There is a locally-trivial fibre bundle

$$Diff(S^{n+2}, L) \to Diff(S^{n+2}) \to Emb_L(\sqcup_k S^n, S^{n+2})$$

here $Emb_L(\sqcup_k S^n, S^{n+2})$ is the component of the link $L$ you're interested in the full embedding space $Emb(\sqcup_k S^n,S^{n+2})$ and to simplify technicalities, assume $Diff(S^{n+2})$ is the group of orientation-preserving diffeomorphisms of $S^{n+2}$. The bundle is given by restricting a diffeomorphism of $S^{n+2}$ to $L$. $Diff(S^{n+2}, L)$ is the subgroup of $Diff(S^{n+2})$ which preserves the link $L$.

First observation is that the map $Diff(S^{n+2}) \to Emb_L(\sqcup_k S^n,S^{n+2})$ is null-homotopic. It's a simple argument -- isotope your link $L$ to sit in a hemi-sphere of $S^{n+2}$. Then apply a linearization process to linearize (simultaneously) all the diffeomorphisms of $S^{n+2}$ on that hemi-sphere. What I'm claiming is that $Diff(S^{n+2})$ has as a deformation-retract the subgroup that is linear on a fixed hemi-sphere -- so it gives a product decomposition $Diff(S^{n+2}) \simeq SO_{n+3} \times Diff(D^{n+2})$ (first observed by Morlet, or Cerf, I would guess) among other things.

So now you have a fibration:

$$\Omega Emb_L(\sqcup_k S^n, S^{n+2}) \to Diff(S^{n+2}, L) \to Diff(S^{n+2})$$

where the induced maps on homotopy groups are a short-exact sequence.
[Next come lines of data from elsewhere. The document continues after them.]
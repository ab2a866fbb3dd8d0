-- ===== src/Db/History/Made.antt =====
-- `MakeSureTableExist` of tide_server/db/item.go before `SaveDataHistory` of history.go.
use tidegauge_backend.Prelude.{
  ℕ, String, [], Bool, false, none, some, ◌==◌, string_keys, nat_keys, ◌≡◌, refl, Bool-cases,
  Option-cases, inl, inr, ◌∙◌, lookup, lookup-insert, ==_refl,
}
use tidegauge_backend.Prelude.Int.{int_keys}
use tidegauge_backend.Types.{Uuid, UnixMs}
use tidegauge_backend.Wire.{DataPoint}
use tidegauge_backend.Exec.{ok}
use tidegauge_backend.Db.{Database, DataTable, row_keys, contains_illegal_character, insert_new}
use tidegauge_backend.Db.History.{save_data_history, save_in, make_sure_table_exist, table_made}
use tidegauge_backend.Db.History.Saved.{stored, key_of}
use tidegauge_backend.Db.History.Arrivals.{Round}

-- `MakeSureTableExist` changes no value, and where the name is legal it works and a save does after it.
pub make_sure_table_exist-stored :
    (name : String) (db : Database) (station : Uuid) (item : String) (at : UnixMs)
    → stored (make_sure_table_exist name db).1 station item at ≡ stored db station item at
unfolding make_sure_table_exist table_made stored
make_sure_table_exist-stored name db station item at =
    elim (Bool-cases (contains_illegal_character name)) [
      | inl bad ↦ rw bad refl
      | inr good ↦ elim (Option-cases (lookup name db.tables)) [
        | inr (rows, h) ↦ rw (good, h) refl
        | inl h ↦
            rw (good, h)
              (rw (lookup-insert name item [] db.tables) (elim (Bool-cases (name == item)) [
                | inr other ↦ rw other refl
                | inl same ↦
                    let e : name ≡ item = (string_keys.beq_iff name item).0 same in
                    let f : lookup item db.tables ≡ none = rw e at h in rw (same, f) refl
              ]))
      ]
    ]

pub make_sure_table_exist-ok :
    (name : String) (db : Database)
    → contains_illegal_character name ≡ false
    → (make_sure_table_exist name db).0 ≡ ok tt
unfolding make_sure_table_exist
make_sure_table_exist-ok name db good = rw good refl

made-there :
    (name : String) (db : Database)
    → contains_illegal_character name ≡ false
    → (rows : DataTable) × (lookup name (make_sure_table_exist name db).1.tables ≡ some rows)
unfolding make_sure_table_exist table_made
made-there name db good = elim (Option-cases (lookup name db.tables)) [
  | inr (rows, h) ↦ (rows, rw (good, h) h)
  | inl h ↦ ([], rw (good, h) (lookup-insert name name [] db.tables ∙ rw (==_refl name) refl))
]

pub save_data_history-ok :
    (id : Uuid) (p : DataPoint) (db : Database)
    → contains_illegal_character p.item_name ≡ false
    → (n : ℕ) × ((save_data_history id p.item_name p.value p.unix_ms
          (make_sure_table_exist p.item_name db).1).0
        ≡ ok n)
unfolding save_data_history save_in
save_data_history-ok id p db good =
    let d : Database = (make_sure_table_exist p.item_name db).1 in
    let (rows, h) = made-there p.item_name db good in
    ((insert_new (key_of id p.unix_ms) p.value rows).1, rw (good, h) refl)

-- The two together, as they follow each other.
pub make_sure_table_exist-Round :
    (id : Uuid) (p : DataPoint) (db db' : Database) (new : Bool)
    → Round (id, p) (make_sure_table_exist p.item_name db).1 db' new
    → Round (id, p) db db' new
make_sure_table_exist-Round id p db db' new r = record {
  holds = λ station item at.
      r.holds station item at
      ∙ rw (make_sure_table_exist-stored p.item_name db station item at) refl;
  news = r.news ∙ rw (make_sure_table_exist-stored p.item_name db id p.item_name p.unix_ms) refl;
}
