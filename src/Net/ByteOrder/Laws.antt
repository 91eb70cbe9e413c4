-- ===== src/Net/ByteOrder/Laws.antt =====
-- Byte order conversions undo themselves, and the parser reads what the printer writes.
use gooos.Common.{
  ℕ, suc, ◌+◌, ◌*◌, ◌/◌, ◌%◌, ◌<◌, ◌≡◌, refl, sym, ap, ◌∙◌, Bool, true, false, List, [], ◌∷◌, ◌++◌,
  append-nil, ltb, ◌==◌, if◌then◌else◌, length, arith, Bool-cases, inl, inr,
}
use gooos.Net.ByteOrder.{htons, htonl, parse_loop, parse_ipv4, utoa_loop, utoa, ip_to_string}

-- `htons` and `htonl` are their own inverses on words of 16 and 32 bits, and stay within them.
pub byte_order_involution :
    (v : ℕ)
    → v < 4294967296
    → (htonl (htonl v) ≡ v)
      × (htonl v < 4294967296)
      × (htons (htons (v % 65536)) ≡ v % 65536)
      × (htons (v % 65536) < 65536)
unfolding htons htonl
byte_order_involution v h = (omega arith, omega arith, omega arith, omega arith)

digit_step :
    (d cur : ℕ) (s parts : List ℕ) (seen : Bool)
    → d < 10
    → cur * 10 + d < 256
    → parse_loop ((48 + d) ∷ s) parts cur seen ≡ parse_loop s parts (cur * 10 + d) true
unfolding parse_loop
digit_step d cur s [] seen h hc = ground arith
digit_step d cur s (p ∷ parts) seen h hc = ground arith

utoa_step :
    (fuel n : ℕ) (buf : List ℕ)
    → utoa_loop (suc fuel) n buf
      ≡ (if n == 0 then buf else utoa_loop fuel (n / 10) ((48 + n % 10) ∷ buf))
unfolding utoa_loop
utoa_step fuel n buf = refl

-- one, two or three digits for a byte
octet_digits :
    (n : ℕ)
    → n < 256
    → utoa n ≡ (
        if ltb n 10
        then (48 + n) ∷ []
        else if ltb n 100
        then (48 + n / 10) ∷ (48 + n % 10) ∷ []
        else (48 + n / 100) ∷ (48 + n / 10 % 10) ∷ (48 + n % 10) ∷ [])
unfolding utoa
octet_digits n h =
    let s1 = utoa_step 19 n [] in
    let s2 = utoa_step 18 (n / 10) ((48 + n % 10) ∷ []) in
    let s3 = utoa_step 17 (n / 10 / 10) ((48 + n / 10 % 10) ∷ (48 + n % 10) ∷ []) in
    let s4 =
      utoa_step 16 (n / 10 / 10 / 10)
        ((48 + n / 10 / 10 % 10) ∷ (48 + n / 10 % 10) ∷ (48 + n % 10) ∷ []) in
    ground (arith, s1, s2, s3, s4)

octet_read :
    (n : ℕ) (s parts : List ℕ)
    → n < 256
    → parse_loop (utoa n ++ s) parts 0 false ≡ parse_loop s parts n true
octet_read n s parts h =
    let digits = octet_digits n h in
    elim (Bool-cases (ltb n 10)) [
      | inl one ↦
          ap (λ t. parse_loop (t ++ s) parts 0 false) {y = (48 + n) ∷ []}
            (digits ∙ ground (arith, one))
          ∙ digit_step n 0 s parts false (ground (arith, one)) (omega arith)
          ∙ ap (λ k. parse_loop s parts k true) {y = n} (omega arith)
      | inr more ↦ elim (Bool-cases (ltb n 100)) [
        | inl two ↦
            ap (λ t. parse_loop (t ++ s) parts 0 false) {y = (48 + n / 10) ∷ (48 + n % 10) ∷ []}
              (digits ∙ ground (arith, more, two))
            ∙ digit_step (n / 10) 0 ((48 + n % 10) ∷ s) parts false (ground (arith, two))
                (omega arith)
            ∙ digit_step (n % 10) (0 * 10 + n / 10) s parts true (omega arith) (omega arith)
            ∙ ap (λ k. parse_loop s parts k true) {y = n} (omega arith)
        | inr three ↦
            ap (λ t. parse_loop (t ++ s) parts 0 false)
              {y = (48 + n / 100) ∷ (48 + n / 10 % 10) ∷ (48 + n % 10) ∷ []}
              (digits ∙ ground (arith, more, three))
            ∙ digit_step (n / 100) 0 ((48 + n / 10 % 10) ∷ (48 + n % 10) ∷ s) parts false
                (omega arith) (omega arith)
            ∙ digit_step (n / 10 % 10) (0 * 10 + n / 100) ((48 + n % 10) ∷ s) parts true
                (omega arith) (omega arith)
            ∙ digit_step (n % 10) ((0 * 10 + n / 100) * 10 + n / 10 % 10) s parts true (omega arith)
                (omega arith)
            ∙ ap (λ k. parse_loop s parts k true) {y = n} (omega arith)
      ]
    ]

dot_step :
    (cur : ℕ) (s parts : List ℕ)
    → length parts < 3
    → parse_loop (46 ∷ s) parts cur true ≡ parse_loop s (cur ∷ parts) 0 false
unfolding parse_loop
dot_step cur s [] h = ground arith
dot_step cur s (p ∷ parts) h = ground arith

last_step :
    (a b c d : ℕ) → parse_loop [] (c ∷ b ∷ a ∷ []) d true ≡ a * 16777216 + b * 65536 + c * 256 + d
unfolding parse_loop
last_step a b c d = refl

-- `parseIPv4` reads back every address of 32 bits that `ipToString` writes.
pub parse_ipv4-ip_to_string : (ip : ℕ) → ip < 4294967296 → parse_ipv4 (ip_to_string ip) ≡ ip
unfolding parse_ipv4 ip_to_string
parse_ipv4-ip_to_string ip h =
    let a = ip / 16777216 % 256 in
    let b = ip / 65536 % 256 in
    let c = ip / 256 % 256 in
    let d = ip % 256 in
    let no_octet : List ℕ = [] in
    let s3 = 46 ∷ utoa d in
    let s2 = 46 ∷ (utoa c ++ s3) in
    let s1 = 46 ∷ (utoa b ++ s2) in
    octet_read a s1 no_octet (omega arith)
    ∙ dot_step a (utoa b ++ s2) no_octet (omega arith)
    ∙ octet_read b s2 (a ∷ []) (omega arith)
    ∙ dot_step b (utoa c ++ s3) (a ∷ []) (omega arith)
    ∙ octet_read c s3 (b ∷ a ∷ []) (omega arith)
    ∙ dot_step c (utoa d) (b ∷ a ∷ []) (omega arith)
    ∙ ap (λ s. parse_loop s (c ∷ b ∷ a ∷ []) 0 false) (sym (append-nil (utoa d)))
    ∙ octet_read d [] (c ∷ b ∷ a ∷ []) (omega arith)
    ∙ last_step a b c d
    ∙ omega arith
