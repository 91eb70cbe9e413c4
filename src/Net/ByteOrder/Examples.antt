-- ===== src/Net/ByteOrder/Examples.antt =====
-- The conversions at a concrete address.
use gooos.Common.{◌%◌, ◌<◌, ◌≡◌, arith}
use gooos.Net.ByteOrder.{htons, htonl, parse_ipv4, ip_to_string}
use gooos.Net.ByteOrder.Laws.{byte_order_involution, parse_ipv4-ip_to_string}

-- 10.0.2.15
parse_ipv4-ip_to_string_example : parse_ipv4 (ip_to_string 167772687) ≡ 167772687
parse_ipv4-ip_to_string_example = parse_ipv4-ip_to_string 167772687 (omega arith)

byte_order_involution_example :
    (htonl (htonl 167772687) ≡ 167772687)
    × (htonl 167772687 < 4294967296)
    × (htons (htons (167772687 % 65536)) ≡ 167772687 % 65536)
    × (htons (167772687 % 65536) < 65536)
byte_order_involution_example = byte_order_involution 167772687 (omega arith)
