-- ===== src/Net/Checksum.antt =====
-- The checksum of src/tcp_segment.go and src/udp.go: the complement of the folded sum of the 16-bit
-- words of the pseudo-header and the packet.
use gooos.Common.{
  ℕ, zero, suc, ◌+◌, ◌-◌, ◌*◌, ◌/◌, ◌%◌, ◌<◌, ◌≡◌, refl, List, [], ◌∷◌, ◌==◌, if◌then◌else◌, length,
  u8, u16, u32, arith,
}

-- `sum += uint32(b[i])<<8 | uint32(b[i+1])` over the pairs; a last odd byte is padded with zero. The
-- two bytes of a word do not overlap, so `|` is `+`.
unfoldable pub add_words : ℕ → List ℕ → ℕ
add_words sum [] = sum
add_words sum (a ∷ []) = u32 (sum + a * 256)
add_words sum (a ∷ b ∷ rest) = add_words (u32 (sum + (a * 256 + b))) rest

-- the twelve bytes of the pseudo-header
pub pseudo_header : ℕ → ℕ → ℕ → ℕ → List ℕ
pseudo_header proto src_ip dst_ip len =
    u8 (src_ip / 16777216)
    ∷ u8 (src_ip / 65536)
    ∷ u8 (src_ip / 256)
    ∷ u8 src_ip
    ∷ u8 (dst_ip / 16777216)
    ∷ u8 (dst_ip / 65536)
    ∷ u8 (dst_ip / 256)
    ∷ u8 dst_ip
    ∷ 0
    ∷ proto
    ∷ u8 (u16 len / 256)
    ∷ u8 (u16 len)
    ∷ []

-- `for sum>>16 != 0 { sum = (sum & 0xFFFF) + (sum >> 16) }`, on fuel
pub fold : ℕ → ℕ → ℕ
fold zero sum = sum
fold (suc fuel) sum =
    let next = fold fuel (u32 (sum % 65536 + sum / 65536)) in if sum / 65536 == 0 then sum else next

-- The fuel that a 32-bit sum needs.
abbrev pub fold_fuel : ℕ
fold_fuel = 3

pub word_sum : ℕ → ℕ → ℕ → List ℕ → ℕ
word_sum proto src_ip dst_ip packet =
    add_words (add_words 0 (pseudo_header proto src_ip dst_ip (length packet))) packet

-- `^uint16(sum)`
pub checksum : ℕ → ℕ → ℕ → List ℕ → ℕ
checksum proto src_ip dst_ip packet =
    65535 - u16 (fold fold_fuel (word_sum proto src_ip dst_ip packet))

-- On a 32-bit sum three rounds are enough: the loop ends by its test, and keeps the sum modulo
-- 65535.
fold_once : (fuel s : ℕ) → s < 65536 → fold fuel s ≡ s
unfolding fold
fold_once zero s h = refl
fold_once (suc fuel) s h = ground arith

fold_twice :
    (fuel s : ℕ)
    → s < 131071
    → (fold (suc fuel) s < 65536) × (fold (suc fuel) s % 65535 ≡ s % 65535)
unfolding fold
fold_twice fuel s h = ground (arith, fold_once fuel s, fold_once fuel (u32 (s % 65536 + s / 65536)))

fold_step :
    (fuel s : ℕ)
    → fold (suc fuel) s ≡ (if s / 65536 == 0 then s else fold fuel (u32 (s % 65536 + s / 65536)))
unfolding fold
fold_step fuel s = refl

pub fold_pos : (fuel s : ℕ) → 0 < s → s < 4294967296 → 0 < fold fuel s
unfolding fold
fold_pos zero s pos h = pos
fold_pos (suc fuel) s pos h =
    ground (arith, fold_pos fuel (u32 (s % 65536 + s / 65536)) (omega arith) (omega arith))

pub fold_lem :
    (s : ℕ) → s < 4294967296 → (fold fold_fuel s < 65536) × (fold fold_fuel s % 65535 ≡ s % 65535)
fold_lem s h = ground (arith, fold_step 2 s, fold_twice 1 (u32 (s % 65536 + s / 65536)))

add_words-lt : (s : ℕ) (xs : List ℕ) → s < 4294967296 → add_words s xs < 4294967296
unfolding add_words
add_words-lt s [] h = h
add_words-lt s (a ∷ []) h = omega arith
add_words-lt s (a ∷ b ∷ rest) h = add_words-lt (u32 (s + (a * 256 + b))) rest (omega arith)

word_sum-lt :
    (proto src_ip dst_ip : ℕ) (packet : List ℕ) → word_sum proto src_ip dst_ip packet < 4294967296
unfolding word_sum
word_sum-lt proto src_ip dst_ip packet =
    add_words-lt (add_words 0 (pseudo_header proto src_ip dst_ip (length packet))) packet
      (add_words-lt 0 (pseudo_header proto src_ip dst_ip (length packet)) (omega arith))

-- The checksum makes the sum of all words a multiple of 65535 (in ones' complement: zero), whatever
-- the packet; and it is a 16-bit word.
pub checksum_balances :
    (proto src_ip dst_ip : ℕ) (packet : List ℕ)
    → ((word_sum proto src_ip dst_ip packet + checksum proto src_ip dst_ip packet) % 65535 ≡ 0)
      × (checksum proto src_ip dst_ip packet < 65536)
unfolding checksum
checksum_balances proto src_ip dst_ip packet =
    omega (arith, fold_lem _ (word_sum-lt proto src_ip dst_ip packet))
In particular the fundamental group of your link space injects into $\pi_0 Diff(S^{n+2}, L)$, and its cokernel is precisely $\pi_0 Diff(S^{n+2})$. This group is frequently non-trivial as it is the group of exotic $n+3$-sphere provided $n \geq 3$.

$Diff(S^{n+2}, L)$ is somewhat closely related to $Diff(X_e)$, especially in high dimensions -- the spherical normal bundle to $L$ is particularly symmetric in low dimensions which causes trouble there. In general the sphereical normal bundle is equivalent to a disjoint union of $S^n \times S^1$, so to make the comparison between $Diff(S^{n+2}, L)$ and $Diff(X_e)$ you'd need to ask what kind of automorphisms $Diff(X_e)$ allows on the spherical normal bundle to $L$. There's probably a decent answer to that which doesn't take too much work but the above is a start.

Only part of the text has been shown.